Localize specific genes of interest from a contig assembly	Bandage (Wick et al., 2015)	Assembly graph visualization and annotation tool (can be used for manual repeat resolution).
	ISMapper (Hawkey et al., 2015)	Mapping-based tool which uses paired-end sequencing data to localize insertion sequences. Can be used for localizing a particular resistance locus, given a known association with a specific insertion sequence.
Distinguish plasmid from chromosomal sequences	cBar (Zhou and Xu, 2010)	Plasmid and chromosomal sequences are distinguished based on pentamer frequencies.
	Other tools	Tools such as plasmidSPAdes and PlasmidFinder may also be used to distinguish plasmid and chromosomal sequences (Arredondo-Alonso et al., 2016).
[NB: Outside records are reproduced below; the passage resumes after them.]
-- ===== src/Snapshots/Rotation.antt =====
-- controllers/snapshots.go: a snapshot is taken, the time is noted, and old ones are deleted.
use ds_operator.Prelude.{
  ℕ, ℤ, pos, ◌≡◌, refl, ap, ◌∙◌, inl, inr, List, Error, ok, Ends, Ends-bind, Ends_mono, pure, ◌>>=◌,
}
use ds_operator.Kube.Meta.{key_of}
use ds_operator.Kube.Volumes.{VolumeSnapshot}
use ds_operator.Kube.Objects.{Kind}
use ds_operator.Kube.Client.{Client}
use ds_operator.Kube.Client.Laws.{IsLawful, OnlyAt}
use ds_operator.Api.Types.{DirectoryService}
use ds_operator.Snapshots.Taking.{Taken, take_snapshot-Taken}
use ds_operator.Snapshots.Retention.{Pruned, listing, prune_snapshots-Pruned}
use ds_operator.Snapshots.{take_snapshot, snapshot_and_prune, prune_snapshots, stamp}

module _ {W : Type 0} (api : Client W) (now : ℤ) (ds : DirectoryService) where
  module _ (s : DirectoryService) where
    -- What `ds` is afterwards: the server's object with the time noted in its status.
    abbrev pub noted_service : DirectoryService
    noted_service = record s { status = (stamp now ds).status }

    -- The time has been noted in the stored object, after the snapshot.
    pub record Stamped (w1 w2 : W) : Type 0 where
      pub stored : api.get Kind.directory_service (key_of ds.meta) w2 ≡ ok noted_service
      pub elsewhere : OnlyAt api Kind.directory_service (key_of ds.meta) w1 w2

    pub record Rotated (r : ℕ) (w : W) (ds' : DirectoryService) (w' : W) : Type 0 where
      pub taken_at : W
      pub noted_at : W
      pub taken : Taken api now ds w taken_at
      pub stamped : Stamped taken_at noted_at
      pub result : ds' ≡ noted_service
      pub list : List VolumeSnapshot
      pub listed : listing api ds' noted_at ≡ inr list
      pub pruned : Pruned api ds' r list noted_at w'

    -- The status update was refused after the snapshot, or the list could not be read after it.
    pub data Unrotated (w : W) (e : Error) (w' : W) : Type 0 where
      unstamped : Taken api now ds w w' → Unrotated w e w'
      unlisted :
          (w1 : W)
          → Taken api now ds w w1
          → Stamped w1 w'
          → listing api noted_service w' ≡ inl e
          → Unrotated w e w'

  module _ (law : IsLawful api) (s : DirectoryService) where
    stamp_ends :
        (w w1 : W)
        → api.get Kind.directory_service (key_of ds.meta) w ≡ ok s
        → Taken api now ds w w1
        → Ends
            (api.update_status Kind.directory_service (stamp now ds))
            w1
            (λ ds' w2. (ds' ≡ noted_service s) × Stamped s w1 w2)
            (λ e w2. Unrotated s w e w2)
    stamp_ends w w1 g t =
        elim (law.update_status_outcome Kind.directory_service (stamp now ds) s w1
          (t.elsewhere Kind.directory_service (key_of ds.meta) (λ p e. absurd cc) ∙ g)) [
            | inl (e, refused) ↦ Ends.fails e w1 refused (Unrotated.unstamped t)
            | inr u ↦ Ends.returns u.object u.after u.returns (
              u.content,
              record { stored = u.stored ∙ ap (λ o. ok o) u.content; elsewhere = u.elsewhere },
            )
          ]

    -- A snapshot that is due, where `r` is to be retained and the directory service is there as `s`,
    -- makes no panic. First the new snapshot with the operator's labels is stored, if none of its
    -- name is there and the server does not refuse it; one that is there, or that cannot be read,
    -- stays as it is, and an error is not passed on. If the call returns, the time was then noted in
    -- the stored status, and then the oldest snapshots were deleted so that at most `r` are kept. If
    -- it fails, the time was not noted, or the list of snapshots could not be read.
    pub snapshot_and_prune-Rotated :
        (r : ℕ) (w : W)
        → api.get Kind.directory_service (key_of ds.meta) w ≡ ok s
        → s.spec.snapshots.snapshots_retained ≡ pos r
        → Ends (snapshot_and_prune api now ds) w (Rotated s r w) (Unrotated s w)
    unfolding snapshot_and_prune
    snapshot_and_prune-Rotated r w g retained =
        Ends-bind (take_snapshot api now ds)
          (λ x.
            api.update_status Kind.directory_service (stamp now ds)
            >>= (λ ds'. prune_snapshots api ds' >>= (λ y. pure ds')))
          w (Ends_mono (λ x w1 t. t) (λ e w1 b. absurd b) (take_snapshot-Taken api now ds law w))
          (λ x w1 t.
            Ends-bind (api.update_status Kind.directory_service (stamp now ds))
              (λ ds'. prune_snapshots api ds' >>= (λ y. pure ds')) w1 (stamp_ends w w1 g t)
              (λ ds' w2 (same, st).
                Ends-bind (prune_snapshots api ds') (λ y. pure ds') w2
                  (Ends_mono (λ y w3 p. p)
                    (λ e w3 (l, still).
                      Unrotated.unlisted w1 t (rw still st) (rw (← same) (rw still l)))
                    (prune_snapshots-Pruned api ds' law r w2
                      (ap (λ d. d.spec.snapshots.snapshots_retained) same ∙ retained)))
                  (λ y w3 (l, h, p). Ends.returns ds' w3 refl (record {
                    taken_at = w1;
                    noted_at = w2;
                    taken = t;
                    stamped = st;
                    result = same;
                    list = l;
                    listed = h;
                    pruned = p;
                  }))))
Resolve plasmid structures from ambiguous assembly graphs	PLACNET (Lanza et al., 2014)	An input assembly graph is reconfigured according to the homology of contigs to reference sequences; the assembly graph can be visualized to allow manual pruning and correction.
	Recycler (Rozov et al., 2016)	Cycles in an assembly graph are identified and sequentially extracted from the graph, favoring cycles with minimal coverage variation across constituent contigs. Assuming different genetic units have distinct copy numbers, retrieved cycles should represent individual circular elements (plasmids, circular phages). Information from paired-end reads is used to exclude cycles that do not correspond to a single circular element, but arise from repeat elements shared across different molecules.
	plasmidSPAdes (Antipov et al., 2016)	Median coverage of longer contigs is calculated to estimate chromosomal coverage; this estimate is used as a basis for filtering putative chromosomal contigs from the assembly graph. Connected components within the filtered graph are reported as putative plasmids. This approach assumes that chromosomal contig coverage differs from plasmid contig coverage.